Question

Let the Standard deviation of \(x_1,x_2\) and \(x_3\) be \(9\) .Then ,the variance of \(3x_1+4,\)  \(3x_2+4 \) and \(3x_3+4\) is 

• A. \(243\)
• B. \(729\)
• C. \(81\)
• D. \(9\)
• E. \(733\)

Answer 1

The Correct Option is B

Let the standard deviation of \( x_1, x_2, \) and \( x_3 \) be 9. 

This means the variance of \( x_1, x_2, \) and \( x_3 \) is \( 9^2 = 81 \).

Let \( Y_1, Y_2, \) and \( Y_3 \) be the transformed variables:

\[ Y_1 = 3x_1 + 4, \quad Y_2 = 3x_2 + 4, \quad Y_3 = 3x_3 + 4 \]

The variance of a linear transformation \( aX + b \) is \( a^2 \text{Var}(X) \). Therefore:

\[ \text{Var}(Y_1) = \text{Var}(3x_1 + 4) = 3^2 \text{Var}(x_1) = 9 \cdot 81 = 729 \] \[ \text{Var}(Y_2) = \text{Var}(3x_2 + 4) = 3^2 \text{Var}(x_2) = 9 \cdot 81 = 729 \] \[ \text{Var}(Y_3) = \text{Var}(3x_3 + 4) = 3^2 \text{Var}(x_3) = 9 \cdot 81 = 729 \]

The variance of \( Y_1, Y_2, \) and \( Y_3 \) is 729.

Answer 2

Let \( X_1, X_2, X_3 \) be random variables with standard deviation 9. 

This means their variance is \( 9^2 = 81 \).

Let \( Y_i = 3X_i + 4 \) for \( i = 1, 2, 3 \). We want to find the variance of \( Y_i \).

Recall that if \( Y = aX + b \), then \( \text{Var}(Y) = a^2 \text{Var}(X) \).
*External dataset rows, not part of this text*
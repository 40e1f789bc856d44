-- ===== src/WrLock/Safety.antt =====
-- Any number of threads on the lock, in any order.
use hybrid_heterogeneous_mem.Prelude.{
  ℕ, ◌+◌, ◌*◌, ◌^◌, ◌<◌, ◌≤◌, ◌≡◌, ◌≢◌, refl, ap, arith, ℕ_discrete, ◌⊎◌, inl,
}
use mathlib.Core.Logic.{ite}
use hybrid_heterogeneous_mem.Prelude.Threads.{
  replace, sum_over, sum_over-replace, le-sum_over, le-sum_over_two, sum_over-le, sum_over-zero,
}
use hybrid_heterogeneous_mem.WrLock.{
  unlocked, swap, r_unlock, load, swap_failed, Pc, idle, spin, loaded, reading, writing, Move,
  call_w_lock, call_try_w_lock, call_r_lock, call_try_r_lock, call_r_unlock, store_w_unlock,
  load_again, load_done, load_swap, swap_won, swap_again, swap_done, System,
}

pub data Step (n : ℕ) (s : System) : System → Type 0 where
  turn :
      (i : ℕ) {l : ℕ} {p : Pc}
      → i < n
      → Move s.word (s.pc i) l p
      → Step n s (record { word = l; pc = replace s.pc i p })

-- `init`
abbrev pub start_state : System
start_state = record { word = unlocked; pc = λ _. idle }

pub data Reach (n : ℕ) : System → Type 0 where
  start : Reach n start_state
  later : {s t : System} → Reach n s → Step n s t → Reach n t

-- A thread holds the lock for reading until its `rUnlock` has swapped.
abbrev pub holds_read : Pc → ℕ
holds_read reading = 1
holds_read (spin r_unlock) = 1
holds_read (loaded r_unlock v b) = 1
holds_read _ = 0

abbrev pub holds_write : Pc → ℕ
holds_write writing = 1
holds_write _ = 0

-- A value that waits to be swapped in is the one that the call computed from what it loaded.
abbrev IsFresh : Pc → Type 0
IsFresh (loaded c v b) = load c v ≡ swap v b
IsFresh _ = Unit

-- The word counts two for each reader and one for a writer, who is alone.
pub record Inv (n : ℕ) (s : System) : Type 0 where
  pub word : s.word ≡ 2 * sum_over holds_read n s.pc + sum_over holds_write n s.pc
  pub alone :
      (sum_over holds_write n s.pc ≡ 0)
      ⊎ ((sum_over holds_write n s.pc ≡ 1) × (sum_over holds_read n s.pc ≡ 0))
  pub fresh : (i : ℕ) → IsFresh (s.pc i)

holds_read-le : (p : Pc) → holds_read p ≤ 1
holds_read-le p = ground arith

-- What a move does to the two counts, and that it leaves a fresh thread.
Move-word :
    {l l' : ℕ} {p p' : Pc} (r w r' w' : ℕ)
    → Move l p l' p'
    → l ≡ 2 * r + w
    → (w ≡ 0) ⊎ ((w ≡ 1) × (r ≡ 0))
    → IsFresh p
    → r' + holds_read p ≡ r + holds_read p'
    → w' + holds_write p ≡ w + holds_write p'
    → holds_read p ≤ r
    → r' < 2 ^ 15
    → (l' ≡ 2 * r' + w') × ((w' ≡ 0) ⊎ ((w' ≡ 1) × (r' ≡ 0))) × IsFresh p'
unfolding load swap_failed
Move-word r w r' w' call_w_lock e a f er ew own few = ground arith
Move-word r w r' w' call_try_w_lock e a f er ew own few = ground arith
Move-word r w r' w' call_r_lock e a f er ew own few = ground arith
Move-word r w r' w' call_try_r_lock e a f er ew own few = ground arith
Move-word r w r' w' call_r_unlock e a f er ew own few = ground arith
Move-word r w r' w' store_w_unlock e a f er ew own few = ground arith
Move-word r w r' w' (load_again {c = c} g) e a f er ew own few = ground arith
Move-word r w r' w' (load_done {c = c} g) e a f er ew own few = ground arith
Move-word r w r' w' (load_swap {c = c} g) e a f er ew own few = ground arith
Move-word r w r' w' (swap_won {c = c} g) e a f er ew own few = ground arith
Move-word r w r' w' (swap_again {c = c} ne g) e a f er ew own few = ground arith
Move-word r w r' w' (swap_done {c = c} ne g) e a f er ew own few = ground arith

Step-Inv : {n : ℕ} {s t : System} → n < 2 ^ 15 → Step n s t → Inv n s → Inv n t
Step-Inv {n} {s} few (turn i {l} {p} lt mv) v =
    let reads = sum_over-replace holds_read n s.pc i p lt in
    let writes = sum_over-replace holds_write n s.pc i p lt in
    let small = sum_over-le holds_read holds_read-le n (replace s.pc i p) in
    let (e, a, f) =
      Move-word (sum_over holds_read n s.pc) (sum_over holds_write n s.pc)
        (sum_over holds_read n (replace s.pc i p)) (sum_over holds_write n (replace s.pc i p)) mv
        v.word v.alone (v.fresh i) reads writes (le-sum_over holds_read n s.pc i lt)
        (omega arith) in
    record {
      word = e;
      alone = a;
      fresh = λ j. elim (ℕ_discrete j i) as (λ d. IsFresh (ite d p (s.pc j))) [
        | yes _ ↦ f
        | no _ ↦ v.fresh j
      ];
    }

-- From the unlocked word, through any interleaving of the calls of fewer than `2 ^ 15` threads, the
-- word counts the readers and the writer.
pub Reach-Inv : {n : ℕ} {s : System} → n < 2 ^ 15 → Reach n s → Inv n s
Reach-Inv {n} few start = record {
  word = omega (arith, sum_over-zero holds_read n idle refl, sum_over-zero holds_write n idle refl);
  alone = inl (sum_over-zero holds_write n idle refl);
  fresh = λ _. tt;
}
Reach-Inv few (later r st) = Step-Inv few st (Reach-Inv few r)

-- Fewer than `2 ^ 15` threads share one `WRLock`, and their loads, swaps and stores on its word
-- interleave in any order. A thread that has the lock for writing is alone: no other thread has it for
-- reading or for writing.
pub mutual_exclusion :
    {n : ℕ} {s : System} {i j : ℕ}
    → n < 2 ^ 15
    → Reach n s
    → i < n
    → j < n
    → i ≢ j
    → s.pc i ≡ writing
    → (holds_read (s.pc j) ≡ 0) × (holds_write (s.pc j) ≡ 0)
mutual_exclusion {n} {s} {i} {j} few r lt lt' ne e =
    let v = Reach-Inv few r in
    let own : holds_write (s.pc i) ≡ 1 = ap holds_write e in
    let two = le-sum_over_two holds_write n s.pc i j lt lt' ne in
    let other = le-sum_over holds_read n s.pc j lt' in omega arith
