-- ===== src/WrLock/Tests.antt =====
-- Two threads on one lock.
use hybrid_heterogeneous_mem.Prelude.{◌≡◌, refl, arith, ℕ_discrete}
use hybrid_heterogeneous_mem.Prelude.Threads.{replace}
use hybrid_heterogeneous_mem.WrLock.{
  w_lock, load, spin, loaded, writing, System, call_w_lock, load_swap, swap_won,
}
use hybrid_heterogeneous_mem.WrLock.Safety.{
  start_state, turn, Reach, start, later, holds_read, holds_write, mutual_exclusion,
}

abbrev called : System
called = record { word = 0; pc = replace start_state.pc 0 (spin w_lock) }

abbrev read_word : System
read_word = record { word = 0; pc = replace called.pc 0 (loaded w_lock 0 1) }

abbrev end_state : System
end_state = record { word = 1; pc = replace read_word.pc 0 writing }

locked_run : Reach 2 end_state
unfolding load ℕ_discrete
locked_run =
    later
      (later (later start (turn 0 (omega arith) call_w_lock))
        (turn 0 (omega arith) (load_swap refl)))
      (turn 0 (omega arith) (swap_won refl))

mutual_exclusion_example : (holds_read (end_state.pc 1) ≡ 0) × (holds_write (end_state.pc 1) ≡ 0)
unfolding ℕ_discrete
mutual_exclusion_example =
    mutual_exclusion {n = 2} {s = end_state} {i = 0} {j = 1} (omega arith) locked_run (omega arith)
      (omega arith) (omega arith) refl
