-- ===== src/GoPath/Clean.antt =====
-- path.Clean, path.Dir and path.Base.
use weave_ftpd.Base.{
  List, [], ◌∷◌, ◌++◌, Bool, true, false, ◌||◌, reverse, if◌then◌else◌, ◌==◌, Text, codes, text_eq,
  has_prefix, split_byte, join, trim_right,
}

abbrev pub slash : Text
slash = codes "/"

abbrev pub dot : Text
dot = codes "."

abbrev pub dot_dot : Text
dot_dot = codes ".."

-- ".." removes the element before it; at the root it is dropped, and a relative path keeps it.
unfoldable pub go_up : Bool → List Text → List Text
go_up rooted [] = if rooted then [] else dot_dot ∷ []
go_up rooted (top ∷ stack) = if text_eq top dot_dot then dot_dot ∷ top ∷ stack else stack

-- One element of the path; the stack has its top at the head.
unfoldable pub resolve : Bool → List Text → Text → List Text
unfolding go_up
resolve rooted stack part =
    if text_eq part [] || text_eq part dot
    then stack
    else if text_eq part dot_dot
    then go_up rooted stack
    else part ∷ stack

unfoldable pub resolve_all : Bool → List Text → List Text → List Text
unfolding resolve
resolve_all rooted stack [] = reverse stack
resolve_all rooted stack (part ∷ parts) = resolve_all rooted (resolve rooted stack part) parts

abbrev pub is_rooted : Text → Bool
is_rooted p = has_prefix p slash

or_dot : List Text → Text
or_dot [] = dot
or_dot (part ∷ parts) = join slash (part ∷ parts)

unfoldable pub rebuild : Bool → List Text → Text
unfolding join or_dot
rebuild true parts = slash ++ join slash parts
rebuild false parts = or_dot parts

unfoldable pub clean : Text → Text
unfolding resolve_all rebuild split_byte has_prefix text_eq
clean p = rebuild (is_rooted p) (resolve_all (is_rooted p) [] (split_byte b'/' p))

-- The part of a path before and with its last slash; the path is given backwards.
unfoldable pub dir_part : Text → Text
dir_part [] = []
dir_part (a ∷ s) = if a == b'/' then a ∷ s else dir_part s

unfoldable pub dir : Text → Text
unfolding dir_part clean
dir p = clean (reverse (dir_part (reverse p)))

-- The part after the last slash; the path is given backwards.
unfoldable pub last_part : Text → Text
last_part [] = []
last_part (a ∷ s) = let rest = last_part s in if a == b'/' then [] else a ∷ rest

unfoldable pub base_of_trimmed : Text → Text
base_of_trimmed [] = slash
base_of_trimmed (a ∷ s) = reverse (last_part (reverse (a ∷ s)))

unfoldable pub base : Text → Text
unfolding base_of_trimmed last_part trim_right text_eq
base p = if text_eq p [] then dot else base_of_trimmed (trim_right (λ c. c == b'/') p)

-- path.Join of two elements
unfoldable pub join_path : Text → Text → Text
join_path a b =
    if text_eq a [] then (if text_eq b [] then [] else clean b) else clean (a ++ slash ++ b)
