-- ===== src/Acl/Requirement.antt =====
-- internal/acl/acl.go: requirements and the check of one against an account.
use weave_ftpd.Base.{
  List, [], ◌∷◌, Bool, true, false, ◌&&◌, ◌||◌, not, if◌then◌else◌, Text, text_eq, equal_fold, any,
  all,
}
use weave_ftpd.User.Account.{User, has_flag, is_in_group}

-- The fields of a Requirement that are no requirements themselves.
pub record Terms : Type 0 where
  pub role_ref : Text
  pub anyone : Bool
  pub nobody : Bool
  pub all_flags : List Text
  pub any_flags : List Text
  pub not_flags : List Text
  pub all_groups : List Text
  pub any_groups : List Text
  pub not_groups : List Text
  pub users : List Text
  pub not_users : List Text

-- `requirement terms any_of all_of`; the two lists of pointers are of the second type.
mutual
  pub data Requirement : Type 0 where
    requirement : Terms → Requirements → Requirements → Requirement

  pub data Requirements : Type 0 where
    nil : Requirements
    cons : Requirement → Requirements → Requirements

abbrev pub no_terms : Terms
no_terms = record {
  role_ref = [];
  anyone = false;
  nobody = false;
  all_flags = [];
  any_flags = [];
  not_flags = [];
  all_groups = [];
  any_groups = [];
  not_groups = [];
  users = [];
  not_users = [];
}

-- An empty flag asks for nothing.
unfoldable pub has_all_flags : User → List Text → Bool
unfolding all
has_all_flags u flags = all (λ f. text_eq f [] || has_flag u f) flags

-- A list that asks for one of its elements, if it has any.
unfoldable pub one_of : (Text → Bool) → List Text → Bool
unfolding any
one_of p [] = true
one_of p (x ∷ xs) = any p (x ∷ xs)

unfoldable pub check_terms : User → Terms → Bool
unfolding any all one_of has_all_flags
check_terms u t =
    not (any (has_flag u) t.not_flags)
    && (not (any (is_in_group u) t.not_groups)
        && (not (any (equal_fold u.name) t.not_users)
            && (has_all_flags u t.all_flags
                && (one_of (has_flag u) t.any_flags
                    && (all (is_in_group u) t.all_groups
                        && (one_of (is_in_group u) t.any_groups
                            && one_of (equal_fold u.name) t.users))))))

unfoldable pub is_nil : Requirements → Bool
is_nil nil = true
is_nil (cons r rs) = false

-- checkRequirement for an account that is not nil.
unfoldable mutual
  unfolding is_nil check_terms

  pub check_requirement : User → Requirement → Bool
  check_requirement u (requirement t any_of all_of) =
      if t.nobody
      then false
      else check_terms u t && (check_all u all_of && (is_nil any_of || check_any u any_of))

  pub check_all : User → Requirements → Bool
  check_all u nil = true
  check_all u (cons r rs) = check_requirement u r && check_all u rs

  pub check_any : User → Requirements → Bool
  check_any u nil = false
  check_any u (cons r rs) = check_requirement u r || check_any u rs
Therefore, the variance of \( Y_i \) is:

\[ \text{Var}(Y_i) = \text{Var}(3X_i + 4) = 3^2 \text{Var}(X_i) = 9 \text{Var}(X_i) = 9(81) = 729 \]

The variance of \( 3X_1+4 \), \( 3X_2+4 \), and \( 3X_3+4 \) is 729.